Tuesday, 23 August 2011

Good God - Governance?

From time to time the Congolese government has hand-wringing seminars on what has gone wrong. There’s some rather attractive about such transparent discussions of failure, but it is also very depressing.

There was a recent event called “The Role of the State” which was attended by all the major Ministers, donors, civil servants and NGOs. Closely woven into a wonderfully abstract theoretical framework – as only French speaking people can do – were details about the status quo, and what we are going to do about it. One by one the Ministers took the podium to share their problems and their plans.

One couldn’t help thinking how much easier it is to make plans than it is to implement them. For example, the Minister of Health admitted that almost half a million children die before the age of 5, that there are about 100 million cases of malaria annually (for a population of 64 million) and the ratio of doctors to patients was between 4 and 5 per 100,000 inhabitants. However, this, he said, they planned to change: by 2015 they would have 50 doctors per 100,000. Malaria would be reduced by 80% by the same year. How? Better not to ask . . .

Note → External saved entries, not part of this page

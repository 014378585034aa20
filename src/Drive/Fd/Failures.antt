-- ===== src/Drive/Fd/Failures.antt =====
-- `Flush` when an upload fails, when there is nothing to commit, and after a commit.
use proton_utils.Base.{
  ℕ, ◌<◌, ◌≡◌, refl, ap, ◌∙◌, Bool, true, false, not, ◌&&◌, Bool-cases, none, some, List, [],
  length, ◌==◌, Bytes, size, Result, ok, err, inl, inr, arith,
}
use proton_utils.Drive.Fd.State.{Fd, FdError, is_write, Upload, Remote}
use proton_utils.Drive.Fd.Commit.{
  submit_partial, wait, complete_all, decide_commit, flush, close, encrypt_and_upload_block,
}
use proton_utils.Drive.Fd.Stream.{Stream}
use proton_utils.Drive.Fd.Completion.{Completes, Fails}
use proton_utils.Drive.Fd.Waits.{outcome, wait-Waited}
use proton_utils.Drive.Fd.Manifests.{IsNumbered-IsNodup}
use proton_utils.Drive.Fd.Flush.{submit_partial-Blocks, submit_partial-same, flush-is_write}

decide_commit_error :
    (r : Remote) (has_cur : Bool) (fd : Fd) (x : FdError)
    → decide_commit r has_cur fd (some x) ≡ (fd, err x)
unfolding decide_commit
decide_commit_error r has_cur fd x = refl

-- If the upload of some block fails, `Flush` returns an error and the server has accepted nothing.
pub flush-Fails :
    (r : Remote) (size' : ℕ) (fd : Fd) (order : List Upload) (e : FdError) {before : Bytes}
    → 0 < size'
    → Stream size' fd before
    → is_write fd.mode ≡ true
    → fd.tokens ≡ []
    → fd.first_err ≡ none
    → Completes (submit_partial fd).inflight order
    → Fails (outcome r fd) (submit_partial fd).inflight e
    → (x : FdError) × ((flush r order fd).1 ≡ err x)
      × ((flush r order fd).0.accepted ≡ fd.accepted)
      × ((flush r order fd).0.first_err ≡ some x)
unfolding encrypt_and_upload_block
flush-Fails r size' fd order e p s m t f c (j, block, here, bad) =
    let same = submit_partial-same fd in
    let w =
      wait-Waited r order (submit_partial fd) c
        (IsNumbered-IsNodup 0 (submit_partial fd).inflight
          (submit_partial-Blocks size' fd p s).numbered)
        (ap (λ (g : Fd). g.tokens) same ∙ t) (ap (λ (g : Fd). g.first_err) same ∙ f) in
    let (x, failed) =
      w.some_error e (j, block, here, ap (λ g. outcome r g (j, block)) same ∙ bad) in
    let end = wait r order (submit_partial fd) in
    let ends : flush r order fd ≡ (end, err x) =
      flush-is_write r order fd m
      ∙ ap (decide_commit r (not (length fd.cur_block == 0)) end) failed
      ∙ decide_commit_error r (not (length fd.cur_block == 0)) end x in
    (
      x,
      ap (λ (y : Fd × Result FdError (Unit {0})). y.1) ends,
      ap (λ (y : Fd × Result FdError (Unit {0})). y.0.accepted) ends
          ∙ ap (λ (g : Fd). g.accepted) w.same
          ∙ ap (λ (g : Fd). g.accepted) same,
      ap (λ (y : Fd × Result FdError (Unit {0})). y.0.first_err) ends ∙ failed,
    )

-- A descriptor with nothing buffered, in flight or uncommitted.
pub record IsClean (fd : Fd) : Type 0 where
  pub no_partial : fd.cur_block ≡ []
  pub no_inflight : fd.inflight ≡ []
  pub no_tokens : fd.tokens ≡ []
  pub no_error : fd.first_err ≡ none
  pub settled : (fd.is_new && not fd.committed) ≡ false

-- `Flush` of a clean descriptor changes nothing and sends nothing.
pub flush-IsClean : (r : Remote) (fd : Fd) → IsClean fd → flush r [] fd ≡ (fd, ok tt)
unfolding flush submit_partial complete_all size
flush-IsClean r fd h = ground arith

-- `Close` after that only marks the descriptor as closed.
pub close-IsClean :
    (r : Remote) (fd : Fd) → IsClean fd → close r [] fd ≡ (record fd { closed = true }, ok tt)
unfolding close
close-IsClean r fd h = elim (Bool-cases fd.closed) [
  | inl shut ↦ simp shut (λ i. (record fd { closed = shut i }, ok tt))
  | inr open_still ↦ simp open_still (
      flush-IsClean r (record fd { closed = true })
        (record {
          no_partial = h.no_partial;
          no_inflight = h.no_inflight;
          no_tokens = h.no_tokens;
          no_error = h.no_error;
          settled = h.settled;
        }))
]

Sticking to health, of every $18 spent per person annually in a recent survey in RURAL provinces, $5 was provided by international aid, $7 by the households themselves and only $4 came from the state. Remembering that most patients come from truly poor households this is bad news indeed. The situation in agriculture is worse. The government used to provide seeds, fertilisers and pesticides, veterinary services and technical assistance. Now, 90% of the budget of the Ministry of Agriculture goes to pay salaries, so they do virtually nothing. Without government support, combined with the collapse of roads and lack of commercial suppliers of agricultural inputs, peasants have a hard time.

The GDP has gone down from $380 at Independence (51 years ago) to $175 today. In the UN’s Human Development Index the DRC now stands at 168 out of the 169 countries covered. On the commercial front, in the World Bank’s Doing Business rankings, the DRC is 175 out of the 183 countries included, while the DRC is ranked 164 out of 180 countries by Transparency International in terms of corruption, having slipped two places during the past year. Not a happy picture.

But to give credit where it is due, the report of this event is elegantly written in the form of lessons. Each section is a numbered lesson, totalling 29 in all. I don’t think I have ever seen an official report quite so interestingly and well formulated. So the obvious question is this: will the lessons be learned?

Unfortunately, history suggests that they probably won’t be. Here’s an example.

Last month a Boeing 727, with 112 passengers on board sets off from Kinshasa for Kisangani, the third largest town in the DRC and location of VS Naipaul’s “A Bend in the River”. The pilot was told that there was no meteorological information available about conditions there, as the weather station was out of order.

Manning the control tower in Kisangani was an apprentice air traffic controller. Nearby, but not present at all times, was a qualified one, though his licence had expired. When the pilot (with 7500 hours of flying, and 5300 hours with the Boeing 727) radioed for information, being particularly worried about the weather, he was given the all-clear to land, but was given a routing which took him right into the heart of a violent storm. A much calmer route was available, but it was not mentioned.

Not only was he directed into the storm, but he was given the wrong information about the flight path, as a result of which the plane crashed into a forest.

The response of the emergency services was, in the words of Jeune Afrique, (the best magazine in Africa about politics and economics), typically Congolese. The fire engine had no capacity to put out the fire, and first-aid workers only arrived much too late to be much help. About 80 passengers were killed, of whom 14 were travelling on fraudulent identity documents, so have not been identified.

Airports are managed by a state agency, with over 5000 employees, which receives substantial landing fees from airlines, and collects departure taxes from all passengers. In spite of this substantial income most runways are potholed, none of the systems such a radar work, even in Kinshasa, and the buildings are in a state of total disrepair with plaster falling off the walls, lights not working, and stairs chipped and broken. It has never been audited, and where the money goes is a mystery.

As evidence of the risks to aviation there have been 83 air crashes since 2000. Have repairs been done? New equipment bought? No. Some international airlines have installed equipment at their own expense in Kinshasa, but that’s about all that has been done.

Back to Kisangani. Recordings of the conversations between the tower and the plane demonstrated that incorrect information was given to the pilot, and at first the air traffic controllers acknowledged their mistake. Later they claimed they had had no contact with the aircraft. In the words of Jeune Afrique:

Coincidentally these recordings have disappeared. The DRC is truly a land of magic.